Data excerpts

Start of Block

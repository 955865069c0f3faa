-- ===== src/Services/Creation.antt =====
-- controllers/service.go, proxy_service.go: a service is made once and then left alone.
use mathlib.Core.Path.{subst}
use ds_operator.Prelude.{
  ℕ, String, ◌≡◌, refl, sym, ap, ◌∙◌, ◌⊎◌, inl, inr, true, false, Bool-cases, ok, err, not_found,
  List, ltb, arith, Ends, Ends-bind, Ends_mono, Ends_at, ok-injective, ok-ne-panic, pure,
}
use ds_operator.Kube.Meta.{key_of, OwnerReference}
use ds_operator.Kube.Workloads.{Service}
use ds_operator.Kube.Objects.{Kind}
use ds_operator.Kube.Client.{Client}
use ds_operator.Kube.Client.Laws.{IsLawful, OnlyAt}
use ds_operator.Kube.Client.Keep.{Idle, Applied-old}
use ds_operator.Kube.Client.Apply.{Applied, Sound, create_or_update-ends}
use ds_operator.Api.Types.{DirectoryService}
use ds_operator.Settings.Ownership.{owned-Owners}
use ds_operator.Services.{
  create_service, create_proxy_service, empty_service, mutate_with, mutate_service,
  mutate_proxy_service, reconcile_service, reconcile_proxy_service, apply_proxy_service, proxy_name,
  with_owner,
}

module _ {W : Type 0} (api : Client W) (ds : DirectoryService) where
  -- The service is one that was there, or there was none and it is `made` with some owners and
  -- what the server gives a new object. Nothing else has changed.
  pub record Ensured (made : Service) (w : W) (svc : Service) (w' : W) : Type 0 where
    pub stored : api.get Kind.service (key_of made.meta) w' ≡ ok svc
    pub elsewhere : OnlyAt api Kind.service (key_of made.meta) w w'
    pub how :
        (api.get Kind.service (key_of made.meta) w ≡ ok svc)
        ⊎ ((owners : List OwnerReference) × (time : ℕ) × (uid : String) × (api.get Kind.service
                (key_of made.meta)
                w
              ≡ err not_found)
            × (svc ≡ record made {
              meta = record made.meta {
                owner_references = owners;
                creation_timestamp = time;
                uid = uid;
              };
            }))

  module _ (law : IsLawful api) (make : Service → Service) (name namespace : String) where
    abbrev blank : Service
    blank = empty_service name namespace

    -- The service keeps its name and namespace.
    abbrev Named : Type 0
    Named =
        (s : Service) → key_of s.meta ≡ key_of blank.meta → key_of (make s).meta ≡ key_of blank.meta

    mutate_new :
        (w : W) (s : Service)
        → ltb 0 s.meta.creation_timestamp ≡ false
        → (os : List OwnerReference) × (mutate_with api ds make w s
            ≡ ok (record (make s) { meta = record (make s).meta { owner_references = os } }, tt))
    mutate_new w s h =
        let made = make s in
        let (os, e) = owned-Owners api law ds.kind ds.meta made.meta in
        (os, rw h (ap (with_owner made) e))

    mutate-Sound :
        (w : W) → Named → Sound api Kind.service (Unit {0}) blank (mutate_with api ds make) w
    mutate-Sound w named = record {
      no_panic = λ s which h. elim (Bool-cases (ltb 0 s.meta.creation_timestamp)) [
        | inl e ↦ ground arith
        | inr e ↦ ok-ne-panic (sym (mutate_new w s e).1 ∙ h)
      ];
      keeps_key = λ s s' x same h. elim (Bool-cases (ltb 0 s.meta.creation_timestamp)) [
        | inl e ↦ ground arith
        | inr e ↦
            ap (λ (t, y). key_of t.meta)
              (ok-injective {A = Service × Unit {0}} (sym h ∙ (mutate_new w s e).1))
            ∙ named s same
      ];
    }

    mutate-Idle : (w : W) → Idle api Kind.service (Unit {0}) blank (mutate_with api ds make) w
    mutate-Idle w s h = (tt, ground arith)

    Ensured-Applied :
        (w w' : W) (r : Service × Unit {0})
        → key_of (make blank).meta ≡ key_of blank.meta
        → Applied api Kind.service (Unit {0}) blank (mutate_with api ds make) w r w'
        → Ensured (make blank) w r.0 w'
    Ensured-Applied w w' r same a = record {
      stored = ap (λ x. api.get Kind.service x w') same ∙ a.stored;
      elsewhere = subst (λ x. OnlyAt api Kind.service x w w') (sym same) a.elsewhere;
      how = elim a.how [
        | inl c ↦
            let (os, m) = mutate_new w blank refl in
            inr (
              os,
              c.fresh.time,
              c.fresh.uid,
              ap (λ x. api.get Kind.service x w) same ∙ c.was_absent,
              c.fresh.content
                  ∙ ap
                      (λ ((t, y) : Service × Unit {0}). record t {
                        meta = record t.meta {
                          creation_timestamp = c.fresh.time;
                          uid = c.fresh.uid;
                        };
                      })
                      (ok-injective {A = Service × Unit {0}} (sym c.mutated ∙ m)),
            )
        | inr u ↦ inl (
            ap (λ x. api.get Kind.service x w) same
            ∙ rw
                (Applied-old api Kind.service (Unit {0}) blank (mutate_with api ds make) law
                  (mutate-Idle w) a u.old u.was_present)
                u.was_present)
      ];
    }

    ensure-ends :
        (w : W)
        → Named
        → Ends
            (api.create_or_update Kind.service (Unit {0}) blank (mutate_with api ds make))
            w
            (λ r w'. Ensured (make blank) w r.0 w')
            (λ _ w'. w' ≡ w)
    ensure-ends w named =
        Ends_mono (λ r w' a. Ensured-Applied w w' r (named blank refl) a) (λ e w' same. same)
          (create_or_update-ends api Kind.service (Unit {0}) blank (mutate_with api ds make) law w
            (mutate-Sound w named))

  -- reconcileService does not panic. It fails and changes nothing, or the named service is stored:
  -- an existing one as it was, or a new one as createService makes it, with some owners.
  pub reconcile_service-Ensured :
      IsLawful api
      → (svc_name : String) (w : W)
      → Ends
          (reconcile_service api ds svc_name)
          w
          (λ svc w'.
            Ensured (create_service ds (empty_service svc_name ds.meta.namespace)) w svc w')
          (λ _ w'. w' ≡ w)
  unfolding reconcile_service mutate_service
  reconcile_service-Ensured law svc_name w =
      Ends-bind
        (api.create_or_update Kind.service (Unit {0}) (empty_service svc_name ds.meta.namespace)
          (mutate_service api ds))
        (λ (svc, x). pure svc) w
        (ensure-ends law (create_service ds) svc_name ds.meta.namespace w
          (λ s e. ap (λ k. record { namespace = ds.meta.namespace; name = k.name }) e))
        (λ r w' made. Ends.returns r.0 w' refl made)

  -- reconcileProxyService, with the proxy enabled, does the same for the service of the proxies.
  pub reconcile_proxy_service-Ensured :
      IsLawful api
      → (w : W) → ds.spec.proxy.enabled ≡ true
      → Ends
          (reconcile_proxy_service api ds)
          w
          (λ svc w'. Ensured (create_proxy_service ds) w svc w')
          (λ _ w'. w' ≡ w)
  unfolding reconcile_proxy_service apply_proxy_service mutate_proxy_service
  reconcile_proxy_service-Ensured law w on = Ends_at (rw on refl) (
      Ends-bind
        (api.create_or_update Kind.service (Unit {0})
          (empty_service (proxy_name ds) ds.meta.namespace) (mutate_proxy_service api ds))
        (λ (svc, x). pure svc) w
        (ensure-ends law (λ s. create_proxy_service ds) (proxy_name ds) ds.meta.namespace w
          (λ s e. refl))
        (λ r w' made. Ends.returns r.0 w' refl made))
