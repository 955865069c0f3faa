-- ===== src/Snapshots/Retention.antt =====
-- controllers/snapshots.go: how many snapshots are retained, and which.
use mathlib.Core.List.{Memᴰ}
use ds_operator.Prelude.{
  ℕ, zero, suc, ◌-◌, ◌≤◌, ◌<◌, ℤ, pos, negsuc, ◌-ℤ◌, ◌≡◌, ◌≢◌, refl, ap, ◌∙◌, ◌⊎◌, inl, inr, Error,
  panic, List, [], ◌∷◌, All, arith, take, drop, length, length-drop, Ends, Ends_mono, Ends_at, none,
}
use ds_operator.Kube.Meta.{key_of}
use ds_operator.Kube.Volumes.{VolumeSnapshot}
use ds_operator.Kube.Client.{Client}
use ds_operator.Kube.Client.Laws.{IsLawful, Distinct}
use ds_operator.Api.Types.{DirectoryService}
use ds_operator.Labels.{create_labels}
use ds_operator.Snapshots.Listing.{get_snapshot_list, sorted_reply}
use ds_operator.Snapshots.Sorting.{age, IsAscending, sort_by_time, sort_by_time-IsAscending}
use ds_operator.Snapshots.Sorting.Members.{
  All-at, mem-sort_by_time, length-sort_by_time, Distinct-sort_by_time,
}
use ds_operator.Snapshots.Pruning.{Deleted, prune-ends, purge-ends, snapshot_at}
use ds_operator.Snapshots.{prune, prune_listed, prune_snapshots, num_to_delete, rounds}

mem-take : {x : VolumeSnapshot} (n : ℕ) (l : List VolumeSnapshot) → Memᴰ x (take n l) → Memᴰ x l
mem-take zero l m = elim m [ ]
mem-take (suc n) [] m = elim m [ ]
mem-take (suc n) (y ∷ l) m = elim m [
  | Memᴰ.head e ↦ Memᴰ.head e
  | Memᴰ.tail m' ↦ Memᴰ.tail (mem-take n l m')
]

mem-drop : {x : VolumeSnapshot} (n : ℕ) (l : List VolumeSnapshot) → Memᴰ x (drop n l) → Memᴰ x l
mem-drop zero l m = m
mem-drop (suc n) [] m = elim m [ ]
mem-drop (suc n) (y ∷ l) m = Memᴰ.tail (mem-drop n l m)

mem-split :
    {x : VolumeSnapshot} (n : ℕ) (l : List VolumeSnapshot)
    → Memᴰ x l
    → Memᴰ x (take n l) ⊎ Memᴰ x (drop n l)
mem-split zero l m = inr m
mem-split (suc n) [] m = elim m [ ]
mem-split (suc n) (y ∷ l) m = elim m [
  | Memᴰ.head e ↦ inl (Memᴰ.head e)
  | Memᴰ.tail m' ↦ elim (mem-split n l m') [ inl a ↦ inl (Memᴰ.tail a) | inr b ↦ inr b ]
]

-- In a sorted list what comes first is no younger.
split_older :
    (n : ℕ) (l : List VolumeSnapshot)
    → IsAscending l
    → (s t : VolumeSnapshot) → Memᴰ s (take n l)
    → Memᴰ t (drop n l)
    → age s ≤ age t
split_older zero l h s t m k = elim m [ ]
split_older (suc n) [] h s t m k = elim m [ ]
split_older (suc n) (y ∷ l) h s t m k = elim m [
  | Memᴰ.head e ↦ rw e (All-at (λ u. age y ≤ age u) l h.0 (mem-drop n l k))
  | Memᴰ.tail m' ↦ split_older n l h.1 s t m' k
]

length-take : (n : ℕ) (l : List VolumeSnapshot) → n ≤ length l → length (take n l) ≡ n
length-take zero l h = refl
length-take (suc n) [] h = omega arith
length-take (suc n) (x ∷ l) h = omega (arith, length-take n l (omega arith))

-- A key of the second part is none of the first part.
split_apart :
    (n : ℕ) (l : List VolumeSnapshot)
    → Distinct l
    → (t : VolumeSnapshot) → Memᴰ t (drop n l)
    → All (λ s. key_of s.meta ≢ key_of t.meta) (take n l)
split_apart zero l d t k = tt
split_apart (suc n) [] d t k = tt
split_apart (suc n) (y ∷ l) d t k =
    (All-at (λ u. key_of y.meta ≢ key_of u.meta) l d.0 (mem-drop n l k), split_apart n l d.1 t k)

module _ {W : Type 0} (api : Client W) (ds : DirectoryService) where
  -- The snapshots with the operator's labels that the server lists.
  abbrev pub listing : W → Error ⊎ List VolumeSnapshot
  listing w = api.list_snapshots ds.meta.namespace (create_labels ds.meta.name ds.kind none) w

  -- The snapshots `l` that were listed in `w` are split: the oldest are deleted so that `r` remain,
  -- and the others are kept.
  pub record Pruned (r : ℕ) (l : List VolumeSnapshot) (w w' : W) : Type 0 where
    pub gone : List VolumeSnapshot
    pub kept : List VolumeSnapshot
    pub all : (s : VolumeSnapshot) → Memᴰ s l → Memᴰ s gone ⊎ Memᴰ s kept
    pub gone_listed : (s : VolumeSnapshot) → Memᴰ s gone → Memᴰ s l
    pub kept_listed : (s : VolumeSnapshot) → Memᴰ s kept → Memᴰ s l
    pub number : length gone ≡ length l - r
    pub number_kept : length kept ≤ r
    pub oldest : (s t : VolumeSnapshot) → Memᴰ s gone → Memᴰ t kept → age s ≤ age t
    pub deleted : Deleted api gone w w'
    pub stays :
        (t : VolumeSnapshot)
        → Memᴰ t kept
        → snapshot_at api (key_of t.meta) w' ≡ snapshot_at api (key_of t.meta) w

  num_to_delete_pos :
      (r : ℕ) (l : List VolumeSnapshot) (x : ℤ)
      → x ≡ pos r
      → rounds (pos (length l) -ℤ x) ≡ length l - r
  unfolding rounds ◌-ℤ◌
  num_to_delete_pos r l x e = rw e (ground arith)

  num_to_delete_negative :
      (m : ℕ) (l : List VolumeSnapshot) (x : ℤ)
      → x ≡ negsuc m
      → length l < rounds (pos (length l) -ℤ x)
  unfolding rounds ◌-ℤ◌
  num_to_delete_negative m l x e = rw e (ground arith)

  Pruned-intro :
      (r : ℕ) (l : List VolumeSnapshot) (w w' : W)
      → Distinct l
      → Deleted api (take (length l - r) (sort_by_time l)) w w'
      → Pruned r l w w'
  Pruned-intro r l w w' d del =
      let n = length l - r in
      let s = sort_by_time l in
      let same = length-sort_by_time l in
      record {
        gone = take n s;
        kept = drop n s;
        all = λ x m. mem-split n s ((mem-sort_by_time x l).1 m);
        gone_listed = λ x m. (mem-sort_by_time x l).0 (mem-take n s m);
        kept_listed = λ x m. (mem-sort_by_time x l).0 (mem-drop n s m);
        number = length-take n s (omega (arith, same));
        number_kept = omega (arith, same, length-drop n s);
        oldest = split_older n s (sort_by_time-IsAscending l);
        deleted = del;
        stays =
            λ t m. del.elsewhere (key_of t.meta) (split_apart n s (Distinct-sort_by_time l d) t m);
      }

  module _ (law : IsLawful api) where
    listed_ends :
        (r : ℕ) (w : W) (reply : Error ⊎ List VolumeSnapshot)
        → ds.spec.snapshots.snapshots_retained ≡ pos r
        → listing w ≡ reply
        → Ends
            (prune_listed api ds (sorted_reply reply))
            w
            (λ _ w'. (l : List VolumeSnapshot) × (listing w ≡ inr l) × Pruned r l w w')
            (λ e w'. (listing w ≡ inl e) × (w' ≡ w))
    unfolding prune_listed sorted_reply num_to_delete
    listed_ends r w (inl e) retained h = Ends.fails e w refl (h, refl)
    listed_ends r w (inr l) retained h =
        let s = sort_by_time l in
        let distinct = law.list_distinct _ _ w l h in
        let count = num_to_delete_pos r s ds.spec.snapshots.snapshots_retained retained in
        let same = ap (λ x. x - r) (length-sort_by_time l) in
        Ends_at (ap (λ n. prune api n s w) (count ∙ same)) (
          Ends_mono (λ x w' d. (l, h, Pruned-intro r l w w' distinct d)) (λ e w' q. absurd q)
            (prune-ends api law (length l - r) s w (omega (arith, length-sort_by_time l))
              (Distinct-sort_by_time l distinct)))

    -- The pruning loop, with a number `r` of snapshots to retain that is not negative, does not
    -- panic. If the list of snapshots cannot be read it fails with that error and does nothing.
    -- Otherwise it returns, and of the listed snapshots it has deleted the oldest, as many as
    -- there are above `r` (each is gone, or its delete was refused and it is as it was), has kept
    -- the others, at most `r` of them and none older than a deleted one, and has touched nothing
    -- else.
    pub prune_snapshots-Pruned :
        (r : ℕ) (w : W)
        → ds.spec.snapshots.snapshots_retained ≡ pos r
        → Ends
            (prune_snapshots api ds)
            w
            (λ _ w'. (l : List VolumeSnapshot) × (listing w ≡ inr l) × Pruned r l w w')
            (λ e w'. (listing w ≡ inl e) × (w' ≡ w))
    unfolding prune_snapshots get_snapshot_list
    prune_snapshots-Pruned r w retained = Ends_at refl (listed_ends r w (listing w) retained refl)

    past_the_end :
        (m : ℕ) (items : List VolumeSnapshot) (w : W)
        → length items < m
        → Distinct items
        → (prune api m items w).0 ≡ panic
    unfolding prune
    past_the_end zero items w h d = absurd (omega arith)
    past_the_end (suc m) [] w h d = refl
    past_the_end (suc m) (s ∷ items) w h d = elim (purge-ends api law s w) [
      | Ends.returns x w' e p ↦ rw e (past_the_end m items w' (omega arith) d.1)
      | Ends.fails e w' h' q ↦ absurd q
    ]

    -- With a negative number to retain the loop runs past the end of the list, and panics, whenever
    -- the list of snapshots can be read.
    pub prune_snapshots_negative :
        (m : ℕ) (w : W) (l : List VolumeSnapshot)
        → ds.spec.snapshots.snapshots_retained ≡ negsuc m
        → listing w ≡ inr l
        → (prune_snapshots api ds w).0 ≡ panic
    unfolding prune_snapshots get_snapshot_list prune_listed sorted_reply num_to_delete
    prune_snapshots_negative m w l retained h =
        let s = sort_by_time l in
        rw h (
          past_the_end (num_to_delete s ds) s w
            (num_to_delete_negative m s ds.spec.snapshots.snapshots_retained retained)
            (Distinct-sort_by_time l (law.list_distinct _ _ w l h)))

End of Block

• [What to produce]: Write the opening line of the data above and every line after it, exactly, stopping once you have written the line with "meta = record made.meta".

• [Problem solution]:
repository 955865069c0f3faa
-- ===== src/Services/Creation.antt =====
-- controllers/service.go, proxy_service.go: a service is made once and then left alone.
use mathlib.Core.Path.{subst}
use ds_operator.Prelude.{
  ℕ, String, ◌≡◌, refl, sym, ap, ◌∙◌, ◌⊎◌, inl, inr, true, false, Bool-cases, ok, err, not_found,
  List, ltb, arith, Ends, Ends-bind, Ends_mono, Ends_at, ok-injective, ok-ne-panic, pure,
}
use ds_operator.Kube.Meta.{key_of, OwnerReference}
use ds_operator.Kube.Workloads.{Service}
use ds_operator.Kube.Objects.{Kind}
use ds_operator.Kube.Client.{Client}
use ds_operator.Kube.Client.Laws.{IsLawful, OnlyAt}
use ds_operator.Kube.Client.Keep.{Idle, Applied-old}
use ds_operator.Kube.Client.Apply.{Applied, Sound, create_or_update-ends}
use ds_operator.Api.Types.{DirectoryService}
use ds_operator.Settings.Ownership.{owned-Owners}
use ds_operator.Services.{
  create_service, create_proxy_service, empty_service, mutate_with, mutate_service,
  mutate_proxy_service, reconcile_service, reconcile_proxy_service, apply_proxy_service, proxy_name,
  with_owner,
}

module _ {W : Type 0} (api : Client W) (ds : DirectoryService) where
  -- The service is one that was there, or there was none and it is `made` with some owners and
  -- what the server gives a new object. Nothing else has changed.
  pub record Ensured (made : Service) (w : W) (svc : Service) (w' : W) : Type 0 where
    pub stored : api.get Kind.service (key_of made.meta) w' ≡ ok svc
    pub elsewhere : OnlyAt api Kind.service (key_of made.meta) w w'
    pub how :
        (api.get Kind.service (key_of made.meta) w ≡ ok svc)
        ⊎ ((owners : List OwnerReference) × (time : ℕ) × (uid : String) × (api.get Kind.service
                (key_of made.meta)
                w
              ≡ err not_found)
            × (svc ≡ record made {
              meta = record made.meta {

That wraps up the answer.